From 236c9d64c363abd1da0f5068ac82697ca1419b0b Mon Sep 17 00:00:00 2001
From: =?UTF-8?q?=E9=AD=8F=E6=81=92?= <weih01@jolywood.cn>
Date: Tue, 29 Apr 2025 11:20:38 +0800
Subject: [PATCH] The implementation of knowledge base PDF parsing using
 pypdfium2 to extract text mainly has the following issues: 1. Limited text
 extraction capability and insufficient support for tables and images 2. Lack
 of specialized Chinese processing optimization 3. No document structure
 analysis 4. Lack of document quality assessment Suggested optimization plan:
 1. Use pdfplumber instead of pypdfium2 2. Increase OCR support 3. Optimize
 Chinese processing logic 4. Add document structure analysis 5. Implement
 intelligent table recognition 6. Add caching mechanism 7. Optimize large file
 processing

---
 api/core/rag/extractor/pdf_extractor.py | 148 +++++++++++++++++++-----
 1 file changed, 121 insertions(+), 27 deletions(-)

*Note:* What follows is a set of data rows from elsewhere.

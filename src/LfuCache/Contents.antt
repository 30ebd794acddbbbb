-- ===== src/LfuCache/Contents.antt =====
-- Where the entries of the cache come from: none but puts make any.
use congine.Dict
use congine.Dict.{get-put, get-remove}
use congine.LfuCache.{
  LfuCache, Buckets, pop_first, ttl_of, increment_freq, evict_from, evict_rescan, evict_at,
  evict_lfu, insert_new, put_with, put, Bucket, evict_key, evict_keys, sweep_expired, expired_keys,
  clear, get, is_expired,
}
use congine.Prelude.{
  ℕ, ◌+◌, String, ◌≡◌, refl, sym, ap, ◌∙◌, subst, ◌⊎◌, inl, inr, Bool, true, false, Option, none,
  some, List, [], ◌∷◌, arith, ◌>>=◌, leb, nat_beq, string_eq, nat_eq, ◌==◌, Bool-cases,
  Option-cases, if◌then◌else◌,
}

bind_some :
    {A B : Type 0} (x : Option A) (f : A → Option B) {b : B}
    → (x >>= f) ≡ some b
    → (a : A) × (x ≡ some a) × (f a ≡ some b)
bind_some none f h = absurd (ground (arith, h))
bind_some (some a) f h = (a, refl, h)

some_inj : {A : Type 0} {a b : A} → Path (Option A) (some a) (some b) → a ≡ b
some_inj h = ground (arith, h)

no_answer : {A : Type 0} {a : A} → Path (Option A) none (some a) → ⊥
no_answer h = ground (arith, h)

module _ {V : Type 0} where
  -- whatever the second cache holds, the first one holds
  unfoldable pub Within : LfuCache V → LfuCache V → Type 0
  Within c c' =
      (k : String) (entry : V × ℕ)
      → Dict.get k c'.key_to_value ≡ some entry
      → Dict.get k c.key_to_value ≡ some entry

  increment_freq-values :
      (c : LfuCache V) (key : String) {c' : LfuCache V}
      → increment_freq c key ≡ some c'
      → c.key_to_value ≡ c'.key_to_value
  unfolding increment_freq
  increment_freq-values c key h =
      let (freq, _, h1) = bind_some (Dict.get key c.key_to_freq) _ h in
      let (bucket, _, h2) = bind_some (Dict.get freq c.freq_to_keys) _ h1 in
      let (_, _, h3) = bind_some (Dict.get key bucket) _ h2 in
      ap (λ x. x.key_to_value) (some_inj h3)

  removed-Within :
      (key k : String) (d : Dict.Dict String (V × ℕ)) (entry : V × ℕ)
      → Dict.get k (Dict.remove key d) ≡ some entry
      → Dict.get k d ≡ some entry
  removed-Within key k d entry h = ground (arith, h, get-remove key k d)

  evict_from-Within :
      (c : LfuCache V) (least : ℕ) (bucket : Bucket) {c' : LfuCache V}
      → evict_from c least bucket ≡ some c'
      → Within c c'
  unfolding evict_from Within
  evict_from-Within c least bucket h k entry found =
      let (first, _, h1) = bind_some (pop_first bucket) _ h in
      removed-Within first.0 k c.key_to_value entry
        (ap (λ x. Dict.get k x.key_to_value) (some_inj h1) ∙ found)

  evict_rescan-Within :
      (c : LfuCache V) (bs : Buckets) {c' : LfuCache V} → evict_rescan c bs ≡ some c' → Within c c'
  unfolding evict_rescan Within
  evict_rescan-Within c [] h k entry found =
      ap (λ x. Dict.get k x.key_to_value) (some_inj h) ∙ found
  evict_rescan-Within c (b ∷ bs) h k entry found =
      let (bucket, _, h1) = bind_some (Dict.get _ c.freq_to_keys) _ h in
      unfold Within in evict_from-Within c _ bucket h1 k entry found

  evict_lfu-Within : (c : LfuCache V) {c' : LfuCache V} → evict_lfu c ≡ some c' → Within c c'
  unfolding evict_lfu
  evict_lfu-Within c h = go (Dict.get c.min_freq c.freq_to_keys) h
    where
      go : (b : Option Bucket) {c' : LfuCache V} → evict_at c b ≡ some c' → Within c c'
      go none g = unfold evict_at in evict_rescan-Within c c.freq_to_keys g
      go (some []) g = unfold evict_at in evict_rescan-Within c c.freq_to_keys g
      go (some (k ∷ ks)) g = unfold evict_at in evict_from-Within c c.min_freq (k ∷ ks) g

  put_entry :
      (key k : String) (given entry : V × ℕ) (d : Dict.Dict String (V × ℕ))
      → Dict.get k (Dict.put key given d) ≡ some entry
      → (given ≡ entry) ⊎ (Dict.get k d ≡ some entry)
  put_entry key k given entry d h = elim (Bool-cases (key == k)) [
    | inl same ↦ inl (ground (arith, h, same, get-put key k given d))
    | inr other ↦ inr (ground (arith, h, other, get-put key k given d))
  ]

  make_room-Within :
      (full : Bool) (c : LfuCache V) {c' : LfuCache V}
      → (if full then evict_lfu c else some c) ≡ some c'
      → Within c c'
  make_room-Within true c h = evict_lfu-Within c h
  make_room-Within false c {c'} h =
      unfold Within in
      λ k entry found. subst (λ x. Dict.get k x.key_to_value ≡ some entry) (sym (some_inj h)) found

  put_with-entry :
      (c : LfuCache V) (key : String) (schema : V) (expire_at : ℕ) {c' : LfuCache V}
      → put_with c key schema expire_at ≡ some c'
      → (k : String) (entry : V × ℕ) → Dict.get k c'.key_to_value ≡ some entry
      → ((schema, expire_at) ≡ entry) ⊎ (Dict.get k c.key_to_value ≡ some entry)
  unfolding put_with insert_new Within
  put_with-entry c key schema expire_at {c'} h k entry found =
      elim (Bool-cases (Dict.has key c.key_to_value)) [
        | inl known ↦
            let h1 : increment_freq
                  (record c { key_to_value = Dict.put key (schema, expire_at) c.key_to_value }) key
                ≡ some c' =
              sym (rw (put_with, known) refl) ∙ h in
            put_entry key k (schema, expire_at) entry c.key_to_value
              (ap (Dict.get k) (
                  increment_freq-values
                    (record c { key_to_value = Dict.put key (schema, expire_at) c.key_to_value })
                    key h1)
                ∙ found)
        | inr new ↦
            let h1 : ((if leb c.capacity (Dict.size c.key_to_value) then evict_lfu c else some c)
                  >>= (λ x. some (insert_new x key schema expire_at)))
                ≡ some c' =
              sym (rw (put_with, new) refl) ∙ h in
            let (roomy, made, h2) =
              bind_some (if leb c.capacity (Dict.size c.key_to_value) then evict_lfu c else some c)
                _ h1 in
            elim (put_entry key k (schema, expire_at) entry roomy.key_to_value
              (ap (λ x. Dict.get k x.key_to_value) (some_inj h2) ∙ found)) [
                | inl given ↦ inl given
                | inr before ↦ inr (
                    make_room-Within (leb c.capacity (Dict.size c.key_to_value)) c made k entry
                      before)
              ]
      ]

  -- an entry after a put is the one put, or it was there
  pub put-entry :
      (now : ℕ) (c : LfuCache V) (key : String) (schema : V) (ttl : Option ℕ) {c' : LfuCache V}
      → put now c key schema ttl ≡ some c'
      → (k : String) (entry : V × ℕ) → Dict.get k c'.key_to_value ≡ some entry
      → ((schema, now + ttl_of c.ttl_seconds ttl) ≡ entry)
        ⊎ (Dict.get k c.key_to_value ≡ some entry)
  unfolding put
  put-entry now c key schema ttl {c'} h k entry found = elim (Bool-cases (nat_beq c.capacity 0)) [
    | inl off ↦
        let same : Path (Option (LfuCache V)) (some c) (some c') = sym (rw (put, off) refl) ∙ h in
        inr (subst (λ x. Dict.get k x.key_to_value ≡ some entry) (sym (some_inj same)) found)
    | inr on ↦
        put_with-entry c key schema (now + ttl_of c.ttl_seconds ttl) (sym (rw (put, on) refl) ∙ h) k
          entry found
  ]

  evict_key-Within : (c : LfuCache V) (key : String) → Within c (evict_key c key)
  unfolding evict_key Within
  evict_key-Within c key k entry found = removed-Within key k c.key_to_value entry found

  evict_keys-Within : (keys : List String) (c : LfuCache V) → Within c (evict_keys keys c)
  unfolding evict_keys Within
  evict_keys-Within [] c k entry found = found
  evict_keys-Within (key ∷ keys) c k entry found =
      evict_key-Within c key k entry (evict_keys-Within keys (evict_key c key) k entry found)

  pub sweep-Within : (clock : ℕ → ℕ) (c : LfuCache V) → Within c (sweep_expired clock c).0
  unfolding sweep_expired
  sweep-Within clock c = evict_keys-Within (expired_keys clock 0 c.key_to_value) c

  pub clear-Within : (c : LfuCache V) → Within c (clear c)
  unfolding clear Within Dict.get
  clear-Within c k entry found = absurd (ground (arith, found))

  get_absent :
      (now : ℕ) (c : LfuCache V) (key : String)
      → Dict.get key c.key_to_value ≡ none
      → get now c key ≡ some (c, none)
  unfolding get
  get_absent now c key absent = rw (get, absent) refl

  get_old :
      (now : ℕ) (c : LfuCache V) (key : String) {schema : V} {expire_at : ℕ}
      → Dict.get key c.key_to_value ≡ some (schema, expire_at)
      → is_expired now expire_at ≡ true
      → get now c key ≡ some (evict_key c key, none)
  unfolding get
  get_old now c key found old = rw (get, found, old) refl

  get_fresh :
      (now : ℕ) (c : LfuCache V) (key : String) {schema : V} {expire_at : ℕ}
      → Dict.get key c.key_to_value ≡ some (schema, expire_at)
      → is_expired now expire_at ≡ false
      → get now c key ≡ (increment_freq c key >>= λ x. some (x, some schema))
  unfolding get
  get_fresh now c key found fresh = rw (get, found, fresh) refl

  -- What a read leaves was there, and so was the schema that it returns.
  Read : LfuCache V → String → LfuCache V → Option V → Type 0
  Read c key c' none = Within c c'
  Read c key c' (some schema) =
      Within c c' × ((expire_at : ℕ) × (Dict.get key c.key_to_value ≡ some (schema, expire_at)))

  get-Read :
      (now : ℕ) (c : LfuCache V) (key : String) {c' : LfuCache V} {answer : Option V}
      → get now c key ≡ some (c', answer)
      → Read c key c' answer
  unfolding Read Within
  get-Read now c key {c'} {answer} h = elim (Option-cases (Dict.get key c.key_to_value)) [
    | inl absent ↦
        subst (λ (x : LfuCache V × Option V). Read c key x.0 x.1)
          (some_inj (sym (get_absent now c key absent) ∙ h)) (λ k entry found. found)
    | inr ((schema, expire_at), held) ↦ elim (Bool-cases (is_expired now expire_at)) [
      | inl old ↦
          subst (λ (x : LfuCache V × Option V). Read c key x.0 x.1)
            (some_inj (sym (get_old now c key held old) ∙ h))
            (unfold Within in evict_key-Within c key)
      | inr fresh ↦
          let (bumped, made, h1) =
            bind_some (increment_freq c key) (λ x. some (x, some schema))
              (sym (get_fresh now c key held fresh) ∙ h) in
          subst (λ (x : LfuCache V × Option V). Read c key x.0 x.1) (some_inj h1)
            (
              λ k entry found. ap (Dict.get k) (increment_freq-values c key made) ∙ found,
              (expire_at, held),
            )
    ]
  ]

  pub get-Within :
      (now : ℕ) (c : LfuCache V) (key : String) {c' : LfuCache V} {answer : Option V}
      → get now c key ≡ some (c', answer)
      → Within c c'
  unfolding Read
  get-Within now c key {answer = none} h = get-Read now c key h
  get-Within now c key {answer = some schema} h = (get-Read now c key h).0

  pub get-held :
      (now : ℕ) (c : LfuCache V) (key : String) {c' : LfuCache V} {schema : V}
      → get now c key ≡ some (c', some schema)
      → (expire_at : ℕ) × (Dict.get key c.key_to_value ≡ some (schema, expire_at))
  unfolding Read
  get-held now c key h = (get-Read now c key h).1
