-- ===== src/LfuCache/Valid.antt =====
-- The invariant of the LFU cache: its three dicts agree.
use congine.Dict
use congine.Dict.{get-put, get-remove, size-put, size-remove-lt, size-remove-le}
use congine.LfuCache.{LfuCache, init, evict_key}
use congine.LfuCache.Frequencies.{NoneEmpty, in_bucket, in_bucket-discard, discard-NoneEmpty}
use congine.Prelude.{
  ℕ, ◌≤◌, String, ◌≡◌, refl, true, false, some, none, arith, nat_eq, string_eq, Option-cases, inl,
  inr, if◌then◌else◌, ◌==◌,
}

-- Everything but the bound on the size.
pub record Agrees {V : Type 0} (c : LfuCache V) : Type 0 where
  pub listed :
      (k : String) (f : ℕ) → Dict.get k c.key_to_freq ≡ some f → in_bucket c.freq_to_keys k f ≡ true
  pub counted :
      (k : String) (f : ℕ) → in_bucket c.freq_to_keys k f ≡ true → Dict.get k c.key_to_freq ≡ some f
  pub same_keys : (k : String) → Dict.has k c.key_to_value ≡ Dict.has k c.key_to_freq
  pub filled : NoneEmpty c.freq_to_keys
  pub used : (k : String) (f : ℕ) → in_bucket c.freq_to_keys k f ≡ true → 1 ≤ f
  pub least : (k : String) (f : ℕ) → in_bucket c.freq_to_keys k f ≡ true → c.min_freq ≤ f

pub record IsValid {V : Type 0} (c : LfuCache V) : Type 0 where
  pub agrees : Agrees c
  pub bounded : Dict.size c.key_to_value ≤ c.capacity

module _ {V : Type 0} where
  pub init-IsValid : (capacity ttl : ℕ) → IsValid (init {V = V} capacity ttl)
  unfolding init in_bucket Dict.get
  init-IsValid capacity ttl = record {
    agrees = record {
      listed = λ k f h. cc;
      counted = λ k f h. cc;
      same_keys = λ k. refl;
      filled = λ f b h. cc;
      used = λ k f h. cc;
      least = λ k f h. cc;
    };
    bounded = omega arith;
  }

  evict_key-in_bucket :
      (c : LfuCache V) (key k : String) (f : ℕ)
      → Agrees c
      → in_bucket (evict_key c key).freq_to_keys k f
        ≡ (if key == k then false else in_bucket c.freq_to_keys k f)
  unfolding evict_key
  evict_key-in_bucket c key k f v = elim (Option-cases (Dict.get key c.key_to_freq)) [
    | inl absent ↦ ground (arith, absent, v.counted k f, string_eq.beq_iff key k)
    | inr (g, found) ↦ ground (
      arith,
      found,
      in_bucket-discard g f key k c.freq_to_keys,
      v.counted k f,
      string_eq.beq_iff key k,
      nat_eq.beq_iff g f,
    )
  ]

  evict_key-NoneEmpty :
      (c : LfuCache V) (key : String) → Agrees c → NoneEmpty (evict_key c key).freq_to_keys
  unfolding evict_key
  evict_key-NoneEmpty c key v f b h = elim (Option-cases (Dict.get key c.key_to_freq)) [
    | inl absent ↦ v.filled f b (rw (absent, evict_key) at h)
    | inr (g, found) ↦
        discard-NoneEmpty g key c.freq_to_keys v.filled f b (rw (found, evict_key) at h)
  ]

  -- Removal of a key, wherever it stands, keeps the three dicts in step.
  pub evict_key-Agrees : (c : LfuCache V) (key : String) → Agrees c → Agrees (evict_key c key)
  evict_key-Agrees c key v = record {
    listed = λ k f h. ground (arith, at k f, of_key k, v.listed k f);
    counted = λ k f h. ground (arith, at k f, of_key k, v.counted k f);
    same_keys = λ k. ground (arith, v.same_keys k, of_key k, of_value k);
    filled = evict_key-NoneEmpty c key v;
    used = λ k f h. ground (arith, at k f, v.used k f);
    least = λ k f h. ground (arith, at k f, v.least k f, of_min);
  }
    where
      at :
          (k : String) (f : ℕ)
          → in_bucket (evict_key c key).freq_to_keys k f
            ≡ (if key == k then false else in_bucket c.freq_to_keys k f)
      at k f = evict_key-in_bucket c key k f v

      of_key :
          (k : String)
          → Dict.get k (evict_key c key).key_to_freq
            ≡ (if key == k then none else Dict.get k c.key_to_freq)
      of_key k = unfold evict_key in get-remove key k c.key_to_freq

      of_value :
          (k : String)
          → Dict.get k (evict_key c key).key_to_value
            ≡ (if key == k then none else Dict.get k c.key_to_value)
      of_value k = unfold evict_key in get-remove key k c.key_to_value

      of_min : (evict_key c key).min_freq ≡ c.min_freq
      of_min = unfold evict_key in refl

diff --git a/api/core/rag/extractor/pdf_extractor.py b/api/core/rag/extractor/pdf_extractor.py
index 04033dec3f..9c71216837 100644
--- a/api/core/rag/extractor/pdf_extractor.py
+++ b/api/core/rag/extractor/pdf_extractor.py
@@ -1,28 +1,42 @@
-"""Abstract interface for document loader implementations."""
-
+"""Enhanced PDF document loader with improved features for text extraction and structure analysis."""
+import uuid
 from collections.abc import Iterator
 from typing import Optional, cast
+import mimetypes
+import pdfplumber
+import pytesseract
+from PIL import Image
+import io
+import datetime
 
+from configs import dify_config
 from core.rag.extractor.blob.blob import Blob
 from core.rag.extractor.extractor_base import BaseExtractor
 from core.rag.models.document import Document
+from extensions.ext_database import db
 from extensions.ext_storage import storage
-
+from models.enums import CreatedByRole
+from models.model import UploadFile
 
 class PdfExtractor(BaseExtractor):
-    """Load pdf files.
-
+    """Enhanced PDF loader with improved text extraction, OCR support, and structure analysis.
 
     Args:
-        file_path: Path to the file to load.
+        file_path: Path to the PDF file to load.
+        file_cache_key: Optional cache key for storing extracted text.
+        enable_ocr: Whether to enable OCR for text extraction from images.
     """
 
-    def __init__(self, file_path: str, file_cache_key: Optional[str] = None):
-        """Initialize with file path."""
+    def __init__(self, file_path: str, file_cache_key: Optional[str] = None, enable_ocr: bool = False, tenant_id: str = None, user_id: str = None):
+        """Initialize with file path and optional settings."""
         self._file_path = file_path
         self._file_cache_key = file_cache_key
+        self._enable_ocr = enable_ocr
+        self._tenant_id = tenant_id
+        self._user_id = user_id
 
     def extract(self) -> list[Document]:
+        """Extract text from PDF with caching support."""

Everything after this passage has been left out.